I always prefer shopping at night. All my neighbors are tucked away in their homes plus the lighting in our section of the apartment complex is really crummy.


----------



## Marcus

I like to go early in the morning (6-7.) The working folks are either getting ready to go in or already on their way. The layabouts are either still stoned, still drunk, or still sleeping.


----------



## LongRider

BillS said:


> I keep a garbage can with a cover in my basement. If I'm buying groceries everyday I take the garbage can out of the basement and put it in my car. After I'm done shopping at Wal-Mart I load the groceries into the garbage can and put the cover on. Then when I get home I haul it out of my car and wheel it back into my house. I also do that on weekday mornings when nobody is around. If anybody sees me and asks me what I'm doing I could say that I was cleaning stuff out of my basement and taking it to Goodwill.


Thank you for reminding me how blessed we are. Having just stepped in from shooting some skeet off of my back deck. I can not even begin to imagine having neighbors so close or nosy to need hiding what I pick up at the grocery store.


----------



## DJgang

Personally, I'm more worried about hiding my guns or at least them knowing what all we have...Our neighbors know because we are shooting all the time. I mentioned to hubby but he has no concern. 

I'm at odds of the whole ... Get to know your neighbors, etc. Now my neighbors are not right beside my house if that makes sense, we live on 15 acres, but they are close enough. A few we do know and we will have to help, but I'm worried about some others.... in the aspect of 'turning you in' if you know what I mean... Should that day come.


----------



## Londoner

Carrying in groceries is not suspicious, people don't see the obvious things. They are more likely to wonder what you keep doing with the trash can.


----------



## tsrwivey

Stuff-itis is so rampant, hauling in lots of bags from the Walmart is normal.


----------



## Jason

tsrwivey said:


> Stuff-itis is so rampant, hauling in lots of bags from the Walmart is normal.
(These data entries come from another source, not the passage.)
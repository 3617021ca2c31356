-- ===== src/Vsock/Muxer/Sweeps.antt =====
-- `VsockMuxer::sweep_killq` and `add_connection`, src/devices/src/virtio/vsock/unix/muxer.rs: they end,
-- and the RX queue has the key of each connection with something pending.
use mathlib.Core.Bool.{true≢false}
use mathlib.Core.Path.{subst}
use firecracker.Base.{
  ℕ, zero, suc, ◌+◌, ◌≤◌, ◌<◌, ◌≡◌, ◌⊎◌, inl, inr, refl, ap, sym, ◌∙◌, Bool, true, false, not, ◌&&◌,
  Option, none, some, List, [], ◌∷◌, length, leb, ltb, ltb→lt, if-keeps, if-split, arith,
}
use firecracker.Base.Maps.{get, insert, length-insert}
use firecracker.Vsock.RxQ.{ConnMapKey}
use firecracker.Vsock.KillQ.{MuxerKillQItem, MuxerKillQ, collect, sort_by_kill_time, pop_front}
use firecracker.Vsock.KillQ
use firecracker.Vsock.KillQ.Deadlines.{from_conn_map-IsScheduled}
use firecracker.Vsock.Connection.{VsockConnection, has_pending_rx, will_expire, will_expire_at}
use firecracker.Vsock.Muxer.{
  EpollListener, Host, VsockMuxer, key_eq, max_connections, kill_walk, push_rx, add_listener, add,
  kill_found, kill_connection, listener_evset,
}
use firecracker.Vsock.Muxer.Sweep.{
  is_nil, expired_at, sweep_popped, sweep_loop, sweep_once, after_sweep, sweep_killq, connected,
  add_swept, add_connection,
}
use firecracker.Vsock.Muxer.Sound.{IsSound}
use firecracker.Vsock.Muxer.Queued.{push-OnConn}
use firecracker.Vsock.Muxer.Tracked.{insert-IsTracked, conn-IsTracked}
use firecracker.Vsock.Muxer.Kept.{Tracks, kill_connection-Tracks}

-- All kill times are after `now`.
abbrev After : ℕ → List MuxerKillQItem → Type 0
After now [] = Unit
After now (x ∷ xs) = (now < x.kill_time) × After now xs

insert-After :
    (now : ℕ) (x : MuxerKillQItem) (xs : List MuxerKillQItem)
    → now < x.kill_time
    → After now xs
    → After now (KillQ.insert x xs)
unfolding KillQ.insert
insert-After now x [] lt a = (lt, tt)
insert-After now x (y ∷ ys) lt (b, a) =
    if-keeps (After now) (leb x.kill_time y.kill_time) (lt, (b, a)) (b, insert-After now x ys lt a)

sort-After : (now : ℕ) (xs : List MuxerKillQItem) → After now xs → After now (sort_by_kill_time xs)
unfolding sort_by_kill_time
sort-After now [] a = tt
sort-After now (x ∷ xs) (b, a) = insert-After now x (sort_by_kill_time xs) b (sort-After now xs a)

collect_one-After :
    (now k : ℕ) (key : ConnMapKey) (o : Option ℕ) (rest : List (ConnMapKey × Option ℕ))
    → will_expire_at now o ≡ true
    → ((j : ℕ) → After now (collect j rest).q)
    → After now (collect k ((key, o) ∷ rest)).q
unfolding collect will_expire_at
collect_one-After now k key none rest t a = a k
collect_one-After now k key (some time) rest t a =
    if-keeps (λ (r : MuxerKillQ). After now r.q) (leb KillQ.size k) tt
      (ltb→lt now time t, a (k + 1))

collect-After :
    {S : Type 0} (now k : ℕ) (conns : List (ConnMapKey × VsockConnection S))
    → After now (collect k (kill_walk now conns)).q
unfolding collect kill_walk will_expire
collect-After now k [] = tt
collect-After now k ((key, c) ∷ conns) =
    if-split (λ (o : Option ℕ). After now (collect k ((key, o) ∷ kill_walk now conns)).q)
      (will_expire_at now c.expiry)
      (λ t.
        collect_one-After now k key c.expiry (kill_walk now conns) t
          (λ j. collect-After now j conns))
      (λ _. collect-After now k conns)

-- No connection of a queue that is built again has expired.
rebuilt-pop :
    (now : ℕ) (r : MuxerKillQ) (xs : List MuxerKillQItem)
    → After now xs
    → (pop_front now r xs).0 ≡ none
unfolding pop_front
rebuilt-pop now r [] a = refl
rebuilt-pop now r (x ∷ xs) (b, a) =
    if-split (λ (o : Option ConnMapKey × MuxerKillQ). o.0 ≡ none) (ltb x.kill_time now)
      (λ t. absurd (ground (arith, t, b))) (λ _. refl)

-- A pop gives nothing, or leaves one item less.
popped-shorter :
    (now : ℕ) (r : MuxerKillQ) (xs : List MuxerKillQItem)
    → ((pop_front now r xs).0 ≡ none) ⊎ (length (pop_front now r xs).1.q + 1 ≡ length xs)
unfolding pop_front
popped-shorter now r [] = inl refl
popped-shorter now r (x ∷ xs) =
    if-split
      (λ (o : Option ConnMapKey × MuxerKillQ). (o.0 ≡ none) ⊎ (length o.1.q + 1 ≡ length (x ∷ xs)))
      (ltb x.kill_time now) (λ _. inr (omega arith)) (λ _. inl refl)

long-is_nil : (xs : List MuxerKillQItem) → 0 < length xs → is_nil xs ≡ false
unfolding is_nil
long-is_nil [] lt = absurd (omega (arith, lt))
long-is_nil (x ∷ xs) lt = refl

module _ {S W : Type 0} where
  -- The muxer that a call leaves, which it does.
  abbrev pub Leaves : Option (VsockMuxer S W) → Type 0
  Leaves none = ⊥
  Leaves (some mx) = Tracks [] mx

  -- The same of an addition.
  abbrev pub OnAdd : Option (Bool × VsockMuxer S W) → Type 0
  OnAdd none = ⊥
  OnAdd (some (added, mx)) = Tracks [] mx

module _ {S W : Type 0} (now : ℕ) where
  rebuilt : VsockMuxer S W → VsockMuxer S W
  rebuilt mx = record mx { killq = KillQ.from_conn_map (kill_walk now mx.conn_map) }

  sweep_loop-idle :
      (rounds : ℕ) (mx : VsockMuxer S W)
      → (KillQ.pop now mx.killq).0 ≡ none
      → sweep_loop now (suc rounds) mx ≡ some mx
  unfolding sweep_loop
  sweep_loop-idle rounds mx e =
      ap
        (λ (o : Option ConnMapKey). elim o [
          | none ↦ some mx
          | some key ↦ sweep_loop now rounds (sweep_popped now (KillQ.pop now mx.killq) mx)
        ])
        e

  sweep_popped-Tracks :
      (popped : Option ConnMapKey × MuxerKillQ) (mx : VsockMuxer S W)
      → Tracks [] mx
      → Tracks [] (sweep_popped now popped mx)
  unfolding sweep_popped
  sweep_popped-Tracks (none, r) mx k = k
  sweep_popped-Tracks (some key, r) mx k =
      if-keeps (Tracks []) (expired_at now (get key mx.conn_map))
        (kill_connection-Tracks [] key (record mx { killq = r }) k) k

  kill_found-killq :
      (key : ConnMapKey) (mx : VsockMuxer S W) (o : Option (VsockConnection S))
      → (kill_found key mx o).killq ≡ mx.killq
  unfolding kill_found push_rx
  kill_found-killq key mx none = refl
  kill_found-killq key mx (some c) =
      if-keeps (λ (mx' : VsockMuxer S W). mx'.killq ≡ mx.killq) (has_pending_rx c) refl refl

  sweep_popped-killq :
      (popped : Option ConnMapKey × MuxerKillQ) (mx : VsockMuxer S W)
      → (sweep_popped now popped mx).killq ≡ popped.1
  unfolding sweep_popped kill_connection
  sweep_popped-killq (none, r) mx = refl
  sweep_popped-killq (some key, r) mx =
      if-keeps (λ (mx' : VsockMuxer S W). mx'.killq ≡ r) (expired_at now (get key mx.conn_map))
        (kill_found-killq key (record mx { killq = r }) (get key mx.conn_map)) refl

  -- Each round but the last takes an item from the queue.
  sweep_loop-Leaves :
      (rounds : ℕ) (mx : VsockMuxer S W)
      → Tracks [] mx
      → length mx.killq.q < rounds
      → Leaves (sweep_loop now rounds mx)
  unfolding sweep_loop KillQ.pop
  sweep_loop-Leaves zero mx k lt = absurd (omega (arith, lt))
  sweep_loop-Leaves (suc rounds) mx k lt =
      let popped = KillQ.pop now mx.killq in
      let next = sweep_popped now popped mx in
      elim (popped-shorter now mx.killq mx.killq.q) [
        | inl e ↦ subst Leaves (sym (sweep_loop-idle rounds mx e)) k
        | inr shorter ↦ go _ popped.0 (
            sweep_loop-Leaves rounds next (sweep_popped-Tracks popped mx k) (
              omega (
                arith,
                lt,
                shorter,
                ap (λ (r : MuxerKillQ). length r.q) (sweep_popped-killq popped mx),
              )))
      ]
    where
      go :
          (next : Option (VsockMuxer S W)) (o : Option ConnMapKey)
          → Leaves next
          → Leaves (elim o [ none ↦ some mx | some key ↦ next ])
      go next none h = k
      go next (some key) h = h

  second_sweep-Leaves :
      (mx : VsockMuxer S W) → Tracks [] mx → Leaves (sweep_killq now 1 (rebuilt mx))
  unfolding sweep_killq sweep_once after_sweep rebuilt KillQ.pop KillQ.from_conn_map
  second_sweep-Leaves mx k =
      let built = KillQ.from_conn_map (kill_walk now mx.conn_map) in
      let idle = sweep_loop-idle (length built.q) (rebuilt mx) (
        rebuilt-pop now built built.q (
          sort-After now (collect 0 (kill_walk now mx.conn_map)).q
            (collect-After now 0 mx.conn_map))) in
      rw idle (
        if-split Leaves (is_nil built.q && not built.synced)
          (λ t. absurd (
            ground (
              arith,
              t,
              (from_conn_map-IsScheduled (kill_walk now mx.conn_map)).filled,
              long-is_nil built.q,
            )))
          (λ _. k))

  after_sweep-Leaves :
      (o : Option (VsockMuxer S W)) → Leaves o → Leaves (after_sweep now (sweep_killq now 1) o)
  unfolding after_sweep rebuilt
  after_sweep-Leaves none h = h
  after_sweep-Leaves (some mx) k =
      if-keeps Leaves (is_nil mx.killq.q && not mx.killq.synced) (second_sweep-Leaves mx k) k

  pub sweep_killq-Leaves : (mx : VsockMuxer S W) → Tracks [] mx → Leaves (sweep_killq now 2 mx)
  unfolding sweep_killq sweep_once
  sweep_killq-Leaves mx k =
      after_sweep-Leaves (sweep_once now mx)
        (sweep_loop-Leaves (suc (length mx.killq.q)) mx k (omega arith))

  -- There is room for one more.
  abbrev Roomy : VsockMuxer S W → Type 0
  Roomy mx = Tracks [] mx × (length mx.conn_map < max_connections)

  add_listener-Roomy :
      (io : Host S W) (fd : ℕ) (l : EpollListener S) (mx : VsockMuxer S W)
      → Roomy mx
      → Roomy (add_listener io fd l mx).1
  unfolding add_listener
  add_listener-Roomy io fd l mx h =
      if-keeps (λ (r : Bool × VsockMuxer S W). Roomy r.1)
        (io.ctl (add fd (listener_evset l)) mx.host).0 h h

  connected-OnAdd :
      (key : ConnMapKey) (c : VsockConnection S) (r : Bool × VsockMuxer S W)
      → IsSound c
      → Roomy r.1
      → OnAdd (some (connected now key c r))
  unfolding connected push_rx
  connected-OnAdd key c (false, mx) s (k, room) = k
  connected-OnAdd key c (true, mx) s (k, room) =
      let (k', q) =
        conn-IsTracked [] key mx.conn_map mx.rxq _ (push-OnConn key mx.rxq k.bounded) k in
      let few : length (insert key c mx.conn_map) ≤ max_connections =
        omega (arith, room, length-insert key c mx.conn_map) in
      if-split
        (λ (mx' : VsockMuxer S W). Tracks [] (record mx' { conn_map = insert key c mx'.conn_map }))
        (has_pending_rx c) (λ _. insert-IsTracked [] key c mx.conn_map _ k' s few (λ t _. q t))
        (λ t.
          insert-IsTracked [] key c mx.conn_map mx.rxq k s few
            (λ _ p. absurd (true≢false (sym p ∙ t))))

  add_swept-OnAdd :
      (io : Host S W) (key : ConnMapKey) (c : VsockConnection S) (o : Option (VsockMuxer S W))
      → IsSound c
      → Leaves o
      → OnAdd (add_swept now io key c o)
  unfolding add_swept
  add_swept-OnAdd io key c none s h = h
  add_swept-OnAdd io key c (some mx) s k =
      if-split (λ (r : Bool × VsockMuxer S W). OnAdd (some r))
        (leb max_connections (length mx.conn_map)) (λ _. k)
        (λ t. connected-OnAdd key c _ s (add_listener-Roomy io _ _ mx (k, ground (arith, t))))

  pub add_connection-OnAdd :
      (io : Host S W) (key : ConnMapKey) (c : VsockConnection S) (mx : VsockMuxer S W)
      → IsSound c
      → Tracks [] mx
      → OnAdd (add_connection now io key c mx)
  unfolding add_connection
  add_connection-OnAdd io key c mx s k =
      add_swept-OnAdd io key c (sweep_killq now 2 mx) s (sweep_killq-Leaves mx k)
This is a really good point.


----------



## Meerkat

If you live in the country,maybe its a good idea to inform your nieghbors instead of hiding?Don't know.I know one is in a church here that is tellign everyone to get prepared for the worse.
And if the zombies come they will be ready for them too.I know Y2K we had lots of people talking about guarding the roads,etc..Don't know about since then.


----------



## LongRider

Meerkat said:


> If you live in the country,maybe its a good idea to inform your nieghbors instead of hiding?Don't know.I know one is in a church here that is tellign everyone to get prepared for the worse.
> And if the zombies come they will be ready for them too.I know Y2K we had lots of people talking about guarding the roads,etc..Don't know about since then.


Back during the Y2K scare a group of guys are standing around talking about their preps, they ask my bro if he has food water and generator etc stored. He says nope but I have lots of guns and ammo AND I know where everything I need is, looking around the group smiling. They kept their pie holes shut after that. Unless there is a need to know never ever tell anyone what you do or do not have. The nicest people turn into rapid dogs when they see their little baby starving.


----------



## Londoner

LongRider said:


> Back during the Y2K scare a group of guys are standing around talking about their preps, they ask my bro if he has food water and generator etc stored. He says nope but I have lots of guns and ammo AND I know where everything I need is, looking around the group smiling. They kept their pie holes shut after that. *Unless there is a need to know never ever tell anyone what you do or do not have. The nicest people turn into rapid dogs when they see their little baby starving*.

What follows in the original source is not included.